# Least Favorite Color Bettas



## BeautifulBettaFish (Feb 24, 2010)

Ok so we all love bettas,all colors and types, but if you had to choose whats your Least favorite Color and Type betta ? 

My least favorite color is red ,or even some red mixed w/ other colors...red usually just dosn't strike my fancy....

My least favorite type is the VT (veil Tail) cause there more common and all


----------



## 1fish2fish (Sep 10, 2009)

Hmmm.. I would say my least favorite color is chocolate (also known as pineapple).. It just doesn't appeal to me.

Tail type.. probably CT the least. Partly because I like a more "formal" looking fin and partly because they're so hard to keep straight, you have to have perfect water quality or their rays will curl. That's not saying there aren't CT's I find attractive (I have 2 myself), just not my favorites.


----------



## doggyhog (Apr 30, 2009)

I don't really like Blue with red wash or red with blue wash at all... those are probably my least favorites...

I too don't really love CTs. I have one, but that's it.


----------



## SaylorKennedy (Aug 11, 2009)

Yep, CTs are my least favorite. My water is too hard to keep them anyways.

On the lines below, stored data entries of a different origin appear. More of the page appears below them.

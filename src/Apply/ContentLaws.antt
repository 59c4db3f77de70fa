-- ===== src/Apply/ContentLaws.antt =====
-- Removing the block that was added gives back the file.
use aliasdeck.Prelude.{
  ℕ, suc, ◌+◌, ◌<◌, ◌≡◌, ◌≢◌, refl, sym, ap, ◌∙◌, ◌⊎◌, inl, inr, true, false, [], ◌∷◌, ◌++◌,
  append_assoc, append-nil, none, some, length, take, drop, All, Bool-cases, Option-cases, is_some,
  arith,
}
use mathlib.Core.Path.{subst}
use aliasdeck.Text.{Bytes, codes, contains, index, cut, cut_prefix}
use aliasdeck.Text.Search.{cut_prefix-append}
use aliasdeck.Apply.Content.{
  begin_marker, end_marker, detect_eol, ends_open, padding, build_block, add_content,
  remove_content,
}

-- A byte of a line ending.
abbrev IsEol : ℕ → Type 0
IsEol c = (c ≡ 10) ⊎ (c ≡ 13)

-- A text that cannot overlap a line ending.
abbrev IsSolid : Bytes → Type 0
IsSolid = All (λ c. (c ≢ 10) × (c ≢ 13))

none_of_contains :
    (c : ℕ) (e m : Bytes)
    → contains (c ∷ e) m ≡ false
    → (cut_prefix m (c ∷ e) ≡ none) × (contains e m ≡ false)
unfolding contains cut
none_of_contains c e m h = ground arith

contains-nil : (e m : Bytes) → contains e m ≡ false → cut_prefix m e ≡ none
unfolding contains cut
contains-nil [] m h = ground arith
contains-nil (c ∷ e) m h = (none_of_contains c e m h).0

-- A solid text that is no prefix of `e` is none of `e` with a line ending behind it.
cut_prefix-solid :
    (m rest e : Bytes) (c : ℕ) (t : Bytes)
    → IsSolid m
    → IsEol c
    → cut_prefix m e ≡ none
    → cut_prefix (m ++ rest) (e ++ c ∷ t) ≡ none
unfolding cut_prefix
cut_prefix-solid [] rest e c t s h k = cc
cut_prefix-solid (x ∷ m) rest [] c t s h k = ground arith
cut_prefix-solid (x ∷ m) rest (y ∷ e) c t s h k =
    ground (arith, cut_prefix-solid m rest e c t s.1 h)

-- Fewer line endings before a solid text than in the text.
cut_prefix-fewer :
    (q : Bytes) (x : ℕ) (m pad t : Bytes)
    → (x ≢ 10) × (x ≢ 13)
    → All IsEol pad
    → length q < length pad
    → cut_prefix (q ++ x ∷ m) (pad ++ t) ≡ none
unfolding cut_prefix
cut_prefix-fewer q x m [] t s h k = absurd (omega arith)
cut_prefix-fewer [] x m (c ∷ pad) t s h k = ground arith
cut_prefix-fewer (p ∷ q) x m (c ∷ pad) t s h k = ground (arith, cut_prefix-fewer q x m pad t s h.1)

-- The block is no prefix of what stands before it and of the block.
cut_prefix-padded :
    (q : Bytes) (x : ℕ) (m rest e : Bytes) (c : ℕ) (pad t : Bytes)
    → IsSolid (x ∷ m)
    → All IsEol (c ∷ pad)
    → contains e (x ∷ m) ≡ false
    → length q < length e + length (c ∷ pad)
    → cut_prefix (q ++ ((x ∷ m) ++ rest)) (e ++ ((c ∷ pad) ++ t)) ≡ none
unfolding cut_prefix
cut_prefix-padded [] x m rest e c pad t s h k l =
    cut_prefix-solid (x ∷ m) rest e c (pad ++ t) s h.0 (contains-nil e (x ∷ m) k)
cut_prefix-padded (p ∷ q) x m rest [] c pad t s h k l =
    cut_prefix-fewer (p ∷ q) x (m ++ rest) (c ∷ pad) t s.0 h (omega arith)
cut_prefix-padded (p ∷ q) x m rest (d ∷ e) c pad t s h k l = ground (
  arith,
  cut_prefix-padded q x m rest e c pad t s h (none_of_contains d e (x ∷ m) k).1 (omega arith),
)

cut_self : (s : Bytes) → cut s s ≡ some ([], [])
unfolding cut
cut_self [] = refl
cut_self (c ∷ s) =
    rw (cut, ap (cut_prefix (c ∷ s)) (sym (append-nil (c ∷ s))) ∙ cut_prefix-append (c ∷ s) [])

cut_step :
    (sep : Bytes) (c : ℕ) (s b r : Bytes)
    → cut_prefix sep (c ∷ s) ≡ none
    → cut sep s ≡ some (b, r)
    → cut sep (c ∷ s) ≡ some (c ∷ b, r)
unfolding cut
cut_step sep c s b r h k = rw (cut, h, k)

cut-block :
    (x : ℕ) (m rest e : Bytes) (c : ℕ) (pad : Bytes)
    → IsSolid (x ∷ m)
    → All IsEol (c ∷ pad)
    → contains e (x ∷ m) ≡ false
    → cut ((c ∷ pad) ++ ((x ∷ m) ++ rest)) (e ++ ((c ∷ pad) ++ ((x ∷ m) ++ rest))) ≡ some (e, [])
cut-block x m rest [] c pad s h k = cut_self ((c ∷ pad) ++ ((x ∷ m) ++ rest))
cut-block x m rest (d ∷ e) c pad s h k =
    cut_step ((c ∷ pad) ++ ((x ∷ m) ++ rest)) d (e ++ ((c ∷ pad) ++ ((x ∷ m) ++ rest))) e []
      (cut_prefix-padded (c ∷ pad) x m rest (d ∷ e) c pad ((x ∷ m) ++ rest) s h k (omega arith))
      (cut-block x m rest e c pad s h (none_of_contains d e (x ∷ m) k).1)

take-append : (s t : Bytes) → take (length s) (s ++ t) ≡ s
take-append [] t = refl
take-append (c ∷ s) t = rw (take-append s t)

drop-length : (t : Bytes) → drop (length t) t ≡ []
drop-length [] = refl
drop-length (c ∷ t) = drop-length t

drop-all : (s t : Bytes) → drop (length s + length t) (s ++ t) ≡ []
drop-all [] t = let e : 0 + length t ≡ length t = omega arith in rw e (drop-length t)
drop-all (c ∷ s) t =
    let e : suc (length s) + length t ≡ suc (length s + length t) = omega arith in
    rw e (drop-all s t)

-- The new content, when the first place of the block is the end of the file.
remove_content-cut :
    (existing : Bytes) (c : ℕ) (block : Bytes)
    → cut (c ∷ block) (existing ++ c ∷ block) ≡ some (existing, [])
    → remove_content (existing ++ c ∷ block) (c ∷ block) ≡ (some existing, true)
unfolding remove_content index
remove_content-cut existing c block h =
    rw (h, take-append existing (c ∷ block), drop-all existing (c ∷ block), append-nil existing)

-- A text that is a line ending.
abbrev IsEolText : Bytes → Type 0
IsEolText s = (c : ℕ) × (t : Bytes) × (s ≡ c ∷ t) × All IsEol s

detect_eol-IsEolText : (existing : Bytes) → IsEolText (detect_eol existing)
unfolding detect_eol
detect_eol-IsEolText existing = elim (Bool-cases (contains existing (codes "\r\n"))) [
  | inl e ↦ rw e (13, 10 ∷ [], refl, (inr refl, (inl refl, tt)))
  | inr e ↦ rw e (10, [], refl, (inl refl, tt))
]

All-append-IsEol : (s t : Bytes) → All IsEol s → All IsEol t → All IsEol (s ++ t)
All-append-IsEol [] t h k = k
All-append-IsEol (c ∷ s) t h k = (h.0, All-append-IsEol s t h.1 k)

padding-IsEolText : (d : ℕ) (s eol : Bytes) → IsEolText eol → IsEolText (padding (d ∷ s) eol)
unfolding padding
padding-IsEolText d s eol (c, t, e, h) = elim (Bool-cases (ends_open (d ∷ s))) [
  | inl f ↦ rw f (c, t ++ eol, ap (λ u. u ++ eol) e, All-append-IsEol eol eol h h)
  | inr f ↦ rw f (c, t, e, h)
]

begin_marker-IsSolid : (m : Bytes) × (begin_marker ≡ b'#' ∷ m) × IsSolid (b'#' ∷ m)
unfolding begin_marker
begin_marker-IsSolid = (codes " >>> aliasdeck >>>", refl, omega arith)

-- The block is found at the end of the file and nowhere before.
cut-build_block :
    (existing line : Bytes)
    → contains existing begin_marker ≡ false
    → (c : ℕ) × (t : Bytes) × (build_block existing line (detect_eol existing) ≡ c ∷ t)
      × (cut (c ∷ t) (existing ++ c ∷ t) ≡ some (existing, []))
unfolding build_block padding ends_open begin_marker
cut-build_block [] line h =
    let (m, e, solid) = begin_marker-IsSolid in
    let eol = detect_eol [] in
    let rest = eol ++ (line ++ (eol ++ (end_marker ++ eol))) in
    (b'#', m ++ rest, ap (λ u. u ++ rest) e, cut_self (b'#' ∷ m ++ rest))
cut-build_block (d ∷ s) line h =
    let (m, e, solid) = begin_marker-IsSolid in
    let eol = detect_eol (d ∷ s) in
    let (c, pad, f, ends) = padding-IsEolText d s eol (detect_eol-IsEolText (d ∷ s)) in
    let rest = eol ++ (line ++ (eol ++ (end_marker ++ eol))) in
    (
      c,
      pad ++ ((b'#' ∷ m) ++ rest),
      ap (λ u. u ++ (begin_marker ++ rest)) f ∙ ap (λ u. (c ∷ pad) ++ (u ++ rest)) e,
      cut-block b'#' m rest (d ∷ s) c pad solid (subst (All IsEol) f ends)
          (subst (λ u. contains (d ∷ s) u ≡ false) e h),
    )

-- Splits what `add_content` gives.
add_content_parts :
    (existing line : Bytes) {block updated : Bytes}
    → add_content existing line ≡ some (block, updated)
    → (contains existing begin_marker ≡ false)
      × (block ≡ build_block existing line (detect_eol existing))
      × (updated ≡ existing ++ build_block existing line (detect_eol existing))
unfolding add_content
add_content_parts existing line {block} {updated} h = ground arith

-- Removing the block that `AddBootstrap` returned from the file that it wrote is exact: it gives back
-- the file as it was before, byte for byte.
pub remove_content-add_content :
    (existing line block updated : Bytes)
    → add_content existing line ≡ some (block, updated)
    → remove_content updated block ≡ (some existing, true)
remove_content-add_content existing line block updated h =
    let (lacks, b, u) = add_content_parts existing line {block = block} {updated = updated} h in
    let (c, t, e, found) = cut-build_block existing line lacks in
    rw (u, b, e) (remove_content-cut existing c t found)

cut-some : (a m b : Bytes) → is_some (cut m (a ++ (m ++ b))) ≡ true
unfolding cut
cut-some [] [] [] = refl
cut-some [] [] (d ∷ b) = refl
cut-some [] (c ∷ m) b = rw (cut, cut_prefix-append (c ∷ m) b)
cut-some (d ∷ a) m b = elim (Option-cases (cut_prefix m (d ∷ a ++ (m ++ b)))) [
  | inl e ↦ ground (arith, e, cut-some a m b)
  | inr (r, e) ↦ ground (arith, e)
]

contains-append : (a m b : Bytes) → contains (a ++ (m ++ b)) m ≡ true
unfolding contains
contains-append a m b = cut-some a m b

-- Adding a block again does nothing, whatever line the second call would write; and the file that the
-- first call wrote holds the line, which is what `BootstrapTargets` looks for.
pub add_content-again :
    (existing line block updated : Bytes)
    → add_content existing line ≡ some (block, updated)
    → ((other : Bytes) → add_content updated other ≡ none)
      × (contains updated begin_marker ≡ true)
      × (contains updated line ≡ true)
unfolding add_content build_block
add_content-again existing line block updated h =
    let (lacks, b, u) = add_content_parts existing line {block = block} {updated = updated} h in
    let eol = detect_eol existing in
    let pad = padding existing eol in
    let behind = eol ++ (end_marker ++ eol) in
    let has_marker : contains updated begin_marker ≡ true =
      rw (u, sym (append_assoc existing pad (begin_marker ++ (eol ++ (line ++ behind)))))
        (contains-append (existing ++ pad) begin_marker (eol ++ (line ++ behind))) in
    let has_line : contains updated line ≡ true =
      rw
        (
          u,
          sym (append_assoc begin_marker eol (line ++ behind)),
          sym (append_assoc pad (begin_marker ++ eol) (line ++ behind)),
          sym (append_assoc existing (pad ++ (begin_marker ++ eol)) (line ++ behind)),
        )
        (contains-append (existing ++ (pad ++ (begin_marker ++ eol))) line behind) in
    (λ other. rw has_marker, has_marker, has_line)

That's why I only had Chance and at the time of getting him wasn't concerned with it so much because he already had fin damage.


----------



## CodeRed (Jun 11, 2009)

I'm not much a fan of multi-colors with no pattern whatsoever, and I don't like most Doubletails. I don't like them when their tail fin is off.... like there's more top fin that lower fin D:

It's weird, because I have a multi-colored doubletail xD I can only reason it's because his tail fin is evenly placed XD


----------



## 1fish2fish (Sep 10, 2009)

I agree with you CR.. I don't like DBT whose lobes (I think that's what you meant) aren't even.. especially on DBT where you can easily see the divide. I also don't like short finned dbt.. just looks odd to me LOL


----------



## CodeRed (Jun 11, 2009)

Yup, you hit it dead on xD They just look... messy, I guess.


----------



## bettaman900 (May 31, 2010)

green i hate green.


----------



## TheJadeBetta (Mar 31, 2010)

My least favorite color is Cellophane. And my least favorite tail type is Double Veil Tail.


----------



## Jayy (Dec 23, 2009)

My least favorite color is is red, blue, and black all together. My least favorite tail type is a comb tail.


----------



## Bettabubble3 (Aug 17, 2009)

Veil tail ( i have 2) and red there just too common


----------



## mysquishy (Mar 12, 2010)

*I like them all but if I had to choose then probably the ones that are green and red. I don't think they are ugly or anything it is just not a color combo I love. 
*
*My least favorite type is the double tail. I just don't think they are the prettiest but I do kind of like the ones with the fuller tails. *


----------



## NIB BETTA (Apr 21, 2010)

DT is my least favorite. I reminds me of a torn fin. 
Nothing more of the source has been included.